This repository contains Halmstad University submissions to EFaR-2023, Efficient Face Recognition Competition at IJCB 2023, the IEEE/IAPR International Joint Conference on Biometrics 2023.
Please consider citing the paper if you use in your research the models shared here: J. N. Kolf, F. Boutros, J. Elliesen, M. Theuerkauf, N. Damer, M. Alansarir, O. A. Hay, S. Alansari, S. Javed, N. Werghi, K. Grm, V. Struc, F. Alonso-Fernandez, K. Hernandez Diaz, J. Bigun, A. George, C. Ecabert, H. O. Shahreza, K. Kotwal, S. Marcel, I. Medvedev, J. Bo, D. Nunes, A. Hassanpour, P. Khatiwada, A. A. Toor, B. Yang, “EFaR 2023: Efficient Face Recognition Competition”, Proc. IEEE/IAPR International Joint Conference on Biometrics, IJCB, Ljubljana, Slovenia, Sep 25-28, 2023
The models are an implementation of the MobileNetv2 and SqueezeNet CNNs (very lightweight architectures of just 8.15 and 4.55MB respectively) to carry out face recognition. They are trained on the MS-Celeb-1M and VGGFace2 databases (6.47M images in total). The networks have undergone a double fine-tuning, first over the MS1M-RetinaFace cleaned set (35k users/3.16M images, only users with more than 70 images), and then over VGGFace2 (9k users/3.31M images). Although VGG2 contains fewer users, it has more intra-class diversity due to more images per user. Due to this fact, the double fine-tuning strategy employed has shown increased performance compared to training the models only with one database, especially if it has few images per identity. This double fine-tuning implementation is suggested in the paper VGGFace2: A dataset for recognising faces across pose and age.

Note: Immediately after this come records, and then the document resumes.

-- ===== src/Core.antt =====
-- src/core: the connection pool, the connection state machine, the event loop.
pub mod Io
pub mod Pool
pub mod Connection
pub mod EventLoop
pub mod TlsContext
pub mod Samples
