-- ===== src/Http/Response.antt =====
-- src/http/http_response.h and http_response.cpp: the response builder.
pub mod Values
pub mod Block
mod Tests
use file_web_server.Base.{
  ℕ, ◌-◌, ◌%◌, Bool, true, false, not, ◌&&◌, List, [], ◌∷◌, ◌++◌, if◌then◌else◌, get_or, length,
  Bytes, codes, is_empty, to_decimal, zero, suc,
}
use file_web_server.Base.Int.{ℤ, pos}

pub data Status : Type 0 where
  ok partial_content not_modified bad_request forbidden not_found : Status
  method_not_allowed range_not_satisfiable internal_error not_implemented : Status

-- The values of the enumeration.
abbrev pub status_code : Status → ℕ
status_code ok = 200
status_code partial_content = 206
status_code not_modified = 304
status_code bad_request = 400
status_code forbidden = 403
status_code not_found = 404
status_code method_not_allowed = 405
status_code range_not_satisfiable = 416
status_code internal_error = 500
status_code not_implemented = 501

-- `switch` covers every value, so the fallback "Unknown" is not reached.
unfoldable pub reason : Status → Bytes
reason ok = codes "OK"
reason partial_content = codes "Partial Content"
reason not_modified = codes "Not Modified"
reason bad_request = codes "Bad Request"
reason forbidden = codes "Forbidden"
reason not_found = codes "Not Found"
reason method_not_allowed = codes "Method Not Allowed"
reason range_not_satisfiable = codes "Range Not Satisfiable"
reason internal_error = codes "Internal Server Error"
reason not_implemented = codes "Not Implemented"

pub record HttpResponse : Type 0 where
  pub status : Status
  pub headers : List (Bytes × Bytes)
  pub body : Bytes
  pub content_type : Bytes
  pub content_length : ℕ
  pub has_content_length : Bool
  pub accept_ranges : Bool
  pub keep_alive : Bool
  pub has_last_modified : Bool
  pub last_modified : ℤ

-- `reset()`, and the state of a new object.
abbrev pub reset : HttpResponse
reset = record {
  status = ok;
  headers = [];
  body = [];
  content_type = [];
  content_length = 0;
  has_content_length = false;
  accept_ranges = false;
  keep_alive = true;
  has_last_modified = false;
  last_modified = pos 0;
}

abbrev pub set_status : Status → HttpResponse → HttpResponse
set_status s r = record r { status = s }

abbrev pub set_header : Bytes → Bytes → HttpResponse → HttpResponse
set_header name value r = record r { headers = r.headers ++ (name, value) ∷ [] }

abbrev pub set_content_type : Bytes → HttpResponse → HttpResponse
set_content_type ct r = record r { content_type = ct }

abbrev pub set_content_length : ℕ → HttpResponse → HttpResponse
set_content_length len r = record r { content_length = len; has_content_length = true }

abbrev pub set_last_modified : ℤ → HttpResponse → HttpResponse
set_last_modified tm r = record r { last_modified = tm; has_last_modified = true }

abbrev pub set_accept_ranges : Bool → HttpResponse → HttpResponse
set_accept_ranges v r = record r { accept_ranges = v }

abbrev pub set_keep_alive : Bool → HttpResponse → HttpResponse
set_keep_alive v r = record r { keep_alive = v }

abbrev pub set_body : Bytes → HttpResponse → HttpResponse
set_body b r = record r { body = b }

abbrev pub has_body : HttpResponse → Bool
has_body r = not (is_empty r.body)

-- struct tm, as gmtime_r fills it: no field is negative.
pub record Tm : Type 0 where
  pub wday : ℕ
  pub mday : ℕ
  pub mon : ℕ
  pub year : ℕ  -- tm_year + 1900
  pub hour : ℕ
  pub minute : ℕ
  pub second : ℕ

abbrev pub weekday_names : List Bytes
weekday_names =
    codes "Sun"
    ∷ codes "Mon"
    ∷ codes "Tue"
    ∷ codes "Wed"
    ∷ codes "Thu"
    ∷ codes "Fri"
    ∷ codes "Sat"
    ∷ []

abbrev pub weekday_name : ℕ → Bytes
weekday_name wday = get_or weekday_names (wday % 7) []

abbrev pub month_names : List Bytes
month_names =
    codes "Jan"
    ∷ codes "Feb"
    ∷ codes "Mar"
    ∷ codes "Apr"
    ∷ codes "May"
    ∷ codes "Jun"
    ∷ codes "Jul"
    ∷ codes "Aug"
    ∷ codes "Sep"
    ∷ codes "Oct"
    ∷ codes "Nov"
    ∷ codes "Dec"
    ∷ []

abbrev pub month_name : ℕ → Bytes
month_name mon = get_or month_names (mon % 12) []

unfoldable pub zeros : ℕ → Bytes
zeros zero = []
zeros (suc n) = b'0' ∷ zeros n

-- The conversion %0<w>d.
unfoldable pub padded : ℕ → ℕ → Bytes
unfolding zeros
padded w n = let digits = to_decimal n in zeros (w - length digits) ++ digits

abbrev pub space : Bytes
space = b' ' ∷ []

abbrev pub line_end : Bytes
line_end = 13 ∷ 10 ∷ []

-- "%s, %02d %s %04d %02d:%02d:%02d GMT"
unfoldable pub format_time : Tm → Bytes
format_time t =
    weekday_name t.wday
    ++ (codes ", "
        ++ (padded 2 t.mday
            ++ (space
                ++ (month_name t.mon
                    ++ (space
                        ++ (padded 4 t.year
                            ++ (space
                                ++ (padded 2 t.hour
                                    ++ (codes ":"
                                        ++ (padded 2 t.minute
                                            ++ (codes ":"
                                                ++ (padded 2 t.second ++ codes " GMT"))))))))))))

-- A header line with its line end.
abbrev pub line : Bytes → Bytes → Bytes
line name value = name ++ (codes ": " ++ (value ++ line_end))

abbrev pub is_not_modified : Status → Bool
is_not_modified not_modified = true
is_not_modified _ = false

unfoldable pub custom_lines : List (Bytes × Bytes) → Bytes
custom_lines [] = []
custom_lines ((k, v) ∷ hs) = line k v ++ custom_lines hs

abbrev pub optional : Bool → Bytes → Bytes
optional test text = if test then text else []

-- gmtime_r is the first argument, std::time(nullptr) the second.
unfoldable pub build_headers : (ℤ → Tm) → ℤ → HttpResponse → Bytes
unfolding custom_lines
build_headers gmtime now r =
    (codes "HTTP/1.1 "
      ++ (to_decimal (status_code r.status) ++ (space ++ (reason r.status ++ line_end))))
    ++ (line (codes "Date") (format_time (gmtime now))
        ++ (optional (not (is_not_modified r.status) && not (is_empty r.content_type))
              (line (codes "Content-Type") r.content_type)
            ++ (optional (not (is_not_modified r.status) && r.has_content_length)
                  (line (codes "Content-Length") (to_decimal r.content_length))
                ++ (optional r.has_last_modified
                      (line (codes "Last-Modified") (format_time (gmtime r.last_modified)))
                    ++ (optional r.accept_ranges (codes "Accept-Ranges: bytes\r\n")
                        ++ (codes "Connection: "
                            ++ ((if r.keep_alive then codes "keep-alive\r\n" else codes "close\r\n")
                                ++ (custom_lines r.headers ++ line_end))))))))

unfoldable pub error_body : Status → Bytes
error_body s =
    let title = to_decimal (status_code s) ++ (space ++ reason s) in
    codes "<!DOCTYPE html><html><head><meta charset=\"utf-8\"><title>"
    ++ (title ++ (codes "</title></head><body><h1>" ++ (title ++ codes "</h1></body></html>")))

The models are referred to as HH-MB2 and HH-SQ in the competition. We take ImageNet pre-trained networks as starting point. We have also added batch normalization between convolutions and ReLU layers of SqueezeNet, which are missing in its original implementation. Both CNNs have been modified to employ an input size of 113x113 by changing the stride of the first convolutional layer from 2 to 1. This allows to keep the rest of the network unchanged and to reuse ImageNet parameters as starting model.
The networks are trained for biometric identification using the soft-max function and ImageNet as initialization. The optimizer is SGDM (mini-batch=128, learning rate=0.01, 0.005, 0.001, and 0.0001, decreased when the validation loss plateaus). Two percent of images per user in the training set are set aside for validation. We apply horizontal random flip during training. We train with Matlab r2022b and use the ImageNet pre-trained model that comes with such release.
After training, feature vectors for biometric verification are extracted from the layer adjacent to the classification layer (i.e., the Global Average Pooling). This corresponds to a descriptor of 1280 (HH-MB2) and 1000 (HH-SQ) elements.
- Matlab software (tested in r2022b). We also provide the onnx models exported using the Matlab function "exportONNXNetwork".
- See readme_usage.txt file. A feature extraction script is also provided.
- Input images must be of 113 x 113.
- We follow the tight crop of VGGFace2, with an extra 30% increase of the face bounding box, so some contextual information is added aound the face. See attached examples to see how the input images should look like. The bounding box of VGG2 images is resized so the shortest side of the image has 129 pixels. Then, a 113x113 crop is taken.
- The network is trained with images with some random displacement in horizontal and vertical dimensions (by taking a random 113x113 crop of the image during training), so it should be somehow tolerant to non-centered faces, althought it has not been tested (during testing, we only employ the center 113x113 crop of the bounding box). Bounding boxes provided with the VGG2 database are obtained using the MTCNN detector. See the VGGFace2 paper for more details.